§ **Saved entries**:
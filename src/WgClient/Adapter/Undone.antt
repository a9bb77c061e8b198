-- ===== src/WgClient/Adapter/Undone.antt =====
-- What `Adapter` keeps for `Drop` undoes, in order, exactly the routes, metrics and rules that were
-- set; and `Drop` runs it backwards.
use mathlib.Core.List.{append-nil, append_assoc, map-append, reverse}
use wg_wrapper.Base.{
  ℕ, ◌≡◌, refl, sym, ap, ◌∙◌, Bool, true, false, List, [], ◌∷◌, ◌++◌, map, Option, none, some,
}
use wg_wrapper.Addr.{IpAddr}
use wg_wrapper.IpNet.{NetOps, NetText}
use wg_wrapper.Text.{Text, codes}
use wg_wrapper.WgClient.{ClientConfig}
use wg_wrapper.WgClient.Adapter.{
  Argv, Dev, done, continue, ◌>>◌, push, flush, set_dns, answered, Os, run, run_, run_undone,
  attempt, attempts, reset_dns, drop_adapter,
}
use wg_wrapper.WgClient.Adapter.Open.{open_adapter}
use wg_wrapper.WgClient.Adapter.Inverse.{
  inverse_of, is_flush, flushed, undone, undone-append, added, Matched,
}
use wg_wrapper.WgClient.Adapter.Stable.{open_adapter-Stable}

answered-Matched :
    (c : Argv) (o : Option Text) (d : Dev)
    → inverse_of c ≡ none
    → Matched d
    → Matched (answered c o d).1
unfolding undone
answered-Matched c none d e h =
    h ∙ sym (append-nil (undone d.log)) ∙ sym (undone-append d.log (c, false))
answered-Matched c (some text) d e h =
    h
    ∙ sym (append-nil (undone d.log))
    ∙ ap (λ o. undone d.log ++ added o []) (sym e)
    ∙ sym (undone-append d.log (c, true))

pushed-Matched :
    (c undo : Argv) (o : Option Text) (d : Dev)
    → inverse_of c ≡ some undo
    → Matched d
    → Matched (continue (λ (u : Unit {0}). push undo) (continue (λ text. done) (answered c o d))).1
unfolding undone
pushed-Matched c undo none d e h =
    h ∙ sym (append-nil (undone d.log)) ∙ sym (undone-append d.log (c, false))
pushed-Matched c undo (some text) d e h =
    ap (λ us. us ++ undo ∷ []) h
    ∙ ap (λ o. undone d.log ++ added o []) (sym e)
    ∙ sym (undone-append d.log (c, true))

abbrev pub commands : List (Argv × Bool) → List Argv
commands = map (λ (c, done). c)

abbrev pub fresh : Dev
fresh = record { log = []; undo = []; dns = false }

-- the commands that reset the adapter's DNS servers
abbrev pub resets : Text → Bool → List Argv
resets name false = []
resets name true =
    (codes "netsh"
      ∷ codes "interface"
      ∷ codes "ipv4"
      ∷ codes "set"
      ∷ codes "dnsservers"
      ∷ (codes "name=" ++ name)
      ∷ codes "dhcp"
      ∷ [])
    ∷ (codes "ipconfig" ∷ codes "/flushdns" ∷ [])
    ∷ []

-- The log is `before`, and behind it the commands `cs`, whatever became of them.
pub record Behind (before : List (Argv × Bool)) (cs : List Argv) (log : List (Argv × Bool))
    : Type 0 where
  pub after : List (Argv × Bool)
  pub follows : log ≡ before ++ after
  pub commanded : commands after ≡ cs

Behind-append :
    {l m n : List (Argv × Bool)} {cs ds : List Argv}
    → Behind l cs m
    → Behind m ds n
    → Behind l (cs ++ ds) n
Behind-append {l} {m} {n} {cs} a b = record {
  after = a.after ++ b.after;
  follows = b.follows ∙ ap (λ x. x ++ b.after) a.follows ∙ append_assoc l a.after b.after;
  commanded =
      map-append (λ (c, done). c) a.after b.after
      ∙ ap (λ x. x ++ commands b.after) a.commanded
      ∙ ap (λ y. cs ++ y) b.commanded;
}

unchanged : (log : List (Argv × Bool)) → Behind log [] log
unchanged log = record { after = []; follows = sym (append-nil log); commanded = refl }

-- The log of an adapter that was set up, perhaps in part, and dropped: behind what `open` ran come
-- the inverses of the routes, metrics and rules that had succeeded, the last first, and then the
-- reset of the DNS servers exactly if `open` had got past its DNS commands.
abbrev pub Restored : Text → List (Argv × Bool) → Type 0
Restored name log =
    (before : List (Argv × Bool)) × Behind before
      (reverse (undone before) ++ resets name (flushed before)) log

module _ (os : Os) where
  run-Matched :
      (c : Argv) (d : Dev)
      → inverse_of c ≡ none
      → is_flush c ≡ false
      → Matched d
      → Matched (run os c d).1
  unfolding run
  run-Matched c d e f h = answered-Matched c (os d.log c) d e h

  flushes-Matched : (d : Dev) → Matched d → Matched ((run_ os flush >> set_dns) d).1
  unfolding run_ run inverse_of
  flushes-Matched d h = answered_flush (os d.log flush)
    where
      answered_flush :
          (o : Option Text)
          → Matched
              (continue
                (λ (u : Unit {0}). set_dns)
                (continue (λ text. done) (answered flush o d))).1
      answered_flush none = answered-Matched flush none d refl h
      answered_flush (some text) = answered-Matched flush (some text) d refl h

  run_undone-Matched :
      (c undo : Argv) (d : Dev)
      → inverse_of c ≡ some undo
      → Matched d
      → Matched (run_undone os c undo d).1
  unfolding run_undone run_ run
  run_undone-Matched c undo d e h = pushed-Matched c undo (os d.log c) d e h

  attempt-Behind : (c : Argv) (d : Dev) → Behind d.log (c ∷ []) (attempt os c d).log
  unfolding attempt run
  attempt-Behind c d = answered-Behind (os d.log c)
    where
      answered-Behind : (o : Option Text) → Behind d.log (c ∷ []) (answered c o d).1.log
      answered-Behind none = record { after = (c, false) ∷ []; follows = refl; commanded = refl }
      answered-Behind (some t) = record { after = (c, true) ∷ []; follows = refl; commanded = refl }

  attempts-Behind : (cs : List Argv) (d : Dev) → Behind d.log cs (attempts os cs d).log
  unfolding attempts
  attempts-Behind [] d = unchanged d.log
  attempts-Behind (c ∷ cs) d =
      Behind-append (attempt-Behind c d) (attempts-Behind cs (attempt os c d))

  reset-Behind :
      (name : Text) (b : Bool) (d : Dev) → Behind d.log (resets name b) (reset_dns os name b d).log
  unfolding attempts
  reset-Behind name false d = unchanged d.log
  reset-Behind name true d = attempts-Behind (resets name true) d

  pub drop_adapter-Behind :
      (name : Text) (d : Dev)
      → Behind d.log (reverse d.undo ++ resets name d.dns) (drop_adapter os name d).log
  unfolding drop_adapter
  drop_adapter-Behind name d =
      Behind-append (attempts-Behind (reverse d.undo) d)
        (reset-Behind name d.dns (attempts os (reverse d.undo) d))

  module _ (name : Text) (index : ℕ) (ops : NetOps) (cidr : NetText ops) where
    open ops use {Net}

    pub open_adapter-Matched :
        (cfg : ClientConfig Net) (server : IpAddr)
        → Matched (open_adapter os name index ops cidr cfg server fresh).1
    unfolding undone
    open_adapter-Matched cfg server =
        (open_adapter-Stable Matched os flushes-Matched run-Matched run_undone-Matched name index
            ops cidr cfg server).kept
          fresh refl

    -- Whatever the system answers, and whether `open` succeeds or fails on the way, `Drop` then
    -- runs the inverses of the routes, metrics and rules that had succeeded, the last first, and after
    -- them the commands that reset the DNS servers if `open` got past them.
    pub drop_adapter-open :
        (cfg : ClientConfig Net) (server : IpAddr)
        → let d = (open_adapter os name index ops cidr cfg server fresh).1 in
          commands (drop_adapter os name d).log
          ≡ commands d.log ++ (reverse (undone d.log) ++ resets name d.dns)
    drop_adapter-open cfg server =
        let d = (open_adapter os name index ops cidr cfg server fresh).1 in
        let b = drop_adapter-Behind name d in
        ap commands b.follows
        ∙ map-append (λ (c, done). c) d.log b.after
        ∙ ap (λ x. commands d.log ++ x) b.commanded
        ∙ ap (λ us. commands d.log ++ (reverse us ++ resets name d.dns))
            (open_adapter-Matched cfg server)
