-- ===== src/WgClient/Adapter/Flushed.antt =====
-- `dns` of the adapter is set exactly if `open` got past its DNS commands, as the log tells it.
use wg_wrapper.Base.{ℕ, ◌≡◌, refl, Bool, true, false, arith, [], ◌∷◌, ◌++◌, Option, none, some}
use wg_wrapper.Addr.{IpAddr}
use wg_wrapper.IpNet.{NetOps, NetText}
use wg_wrapper.Text.{Text}
use wg_wrapper.WgClient.{ClientConfig}
use wg_wrapper.WgClient.Adapter.{
  Argv, Dev, done, ◌>>◌, continue, push, flush, set_dns, answered, Os, run, run_, run_undone,
}
use wg_wrapper.WgClient.Adapter.Inverse.{inverse_of, is_flush, flushed_by, flushed, flushed-append}
use wg_wrapper.WgClient.Adapter.Open.{open_adapter}
use wg_wrapper.WgClient.Adapter.Stable.{open_adapter-Stable}
use wg_wrapper.WgClient.Adapter.Undone.{fresh}

abbrev pub DnsKnown : Dev → Type 0
DnsKnown d = d.dns ≡ flushed d.log

-- a command that has an inverse is no flush
inverse-no_flush : (c undo : Argv) → inverse_of c ≡ some undo → is_flush c ≡ false
unfolding inverse_of is_flush
inverse-no_flush [] undo e = refl
inverse-no_flush (a ∷ []) undo e = refl
inverse-no_flush (a ∷ b ∷ []) undo e = cc
inverse-no_flush (a ∷ b ∷ c ∷ rest) undo e = refl

-- one more command in the log, which is no flush that succeeded
logged-DnsKnown :
    (d : Dev) (c : Argv) (b : Bool)
    → flushed_by (c, b) ≡ false
    → DnsKnown d
    → d.dns ≡ flushed (d.log ++ (c, b) ∷ [])
logged-DnsKnown d c b e h = ground (arith, flushed-append d.log (c, b))

answered-DnsKnown :
    (c : Argv) (o : Option Text) (d : Dev)
    → is_flush c ≡ false
    → DnsKnown d
    → DnsKnown (answered c o d).1
answered-DnsKnown c none d e h = logged-DnsKnown d c false refl h
answered-DnsKnown c (some text) d e h = logged-DnsKnown d c true e h

pushed-DnsKnown :
    (c undo : Argv) (o : Option Text) (d : Dev)
    → is_flush c ≡ false
    → DnsKnown d
    → DnsKnown (continue (λ (u : Unit {0}). push undo) (continue (λ text. done) (answered c o d))).1
pushed-DnsKnown c undo none d e h = logged-DnsKnown d c false refl h
pushed-DnsKnown c undo (some text) d e h = logged-DnsKnown d c true e h

flush-DnsKnown :
    (o : Option Text) (d : Dev)
    → DnsKnown d
    → DnsKnown
        (continue (λ (u : Unit {0}). set_dns) (continue (λ text. done) (answered flush o d))).1
unfolding is_flush
flush-DnsKnown none d h = logged-DnsKnown d flush false refl h
flush-DnsKnown (some text) d h = ground (arith, flushed-append d.log (flush, true))

module _ (os : Os) where
  run-DnsKnown :
      (c : Argv) (d : Dev)
      → inverse_of c ≡ none
      → is_flush c ≡ false
      → DnsKnown d
      → DnsKnown (run os c d).1
  unfolding run
  run-DnsKnown c d e f h = answered-DnsKnown c (os d.log c) d f h

  run_undone-DnsKnown :
      (c undo : Argv) (d : Dev)
      → inverse_of c ≡ some undo
      → DnsKnown d
      → DnsKnown (run_undone os c undo d).1
  unfolding run_undone run_ run
  run_undone-DnsKnown c undo d e h =
      pushed-DnsKnown c undo (os d.log c) d (inverse-no_flush c undo e) h

  flushes-DnsKnown : (d : Dev) → DnsKnown d → DnsKnown ((run_ os flush >> set_dns) d).1
  unfolding run_ run
  flushes-DnsKnown d h = flush-DnsKnown (os d.log flush) d h

  pub open_adapter-DnsKnown :
      (name : Text) (index : ℕ) (ops : NetOps) (cidr : NetText ops) (cfg : ClientConfig ops.Net)
      (server : IpAddr)
      → DnsKnown (open_adapter os name index ops cidr cfg server fresh).1
  unfolding flushed
  open_adapter-DnsKnown name index ops cidr cfg server =
      (open_adapter-Stable DnsKnown os flushes-DnsKnown run-DnsKnown run_undone-DnsKnown name index
          ops cidr cfg server).kept
        fresh refl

§ **Instructions to follow**: Search the data for the string "runs". List each line that has it.

§ **Answer section**:
-- set; and `Drop` runs it backwards.
    -- runs the inverses of the routes, metrics and rules that had succeeded, the last first, and after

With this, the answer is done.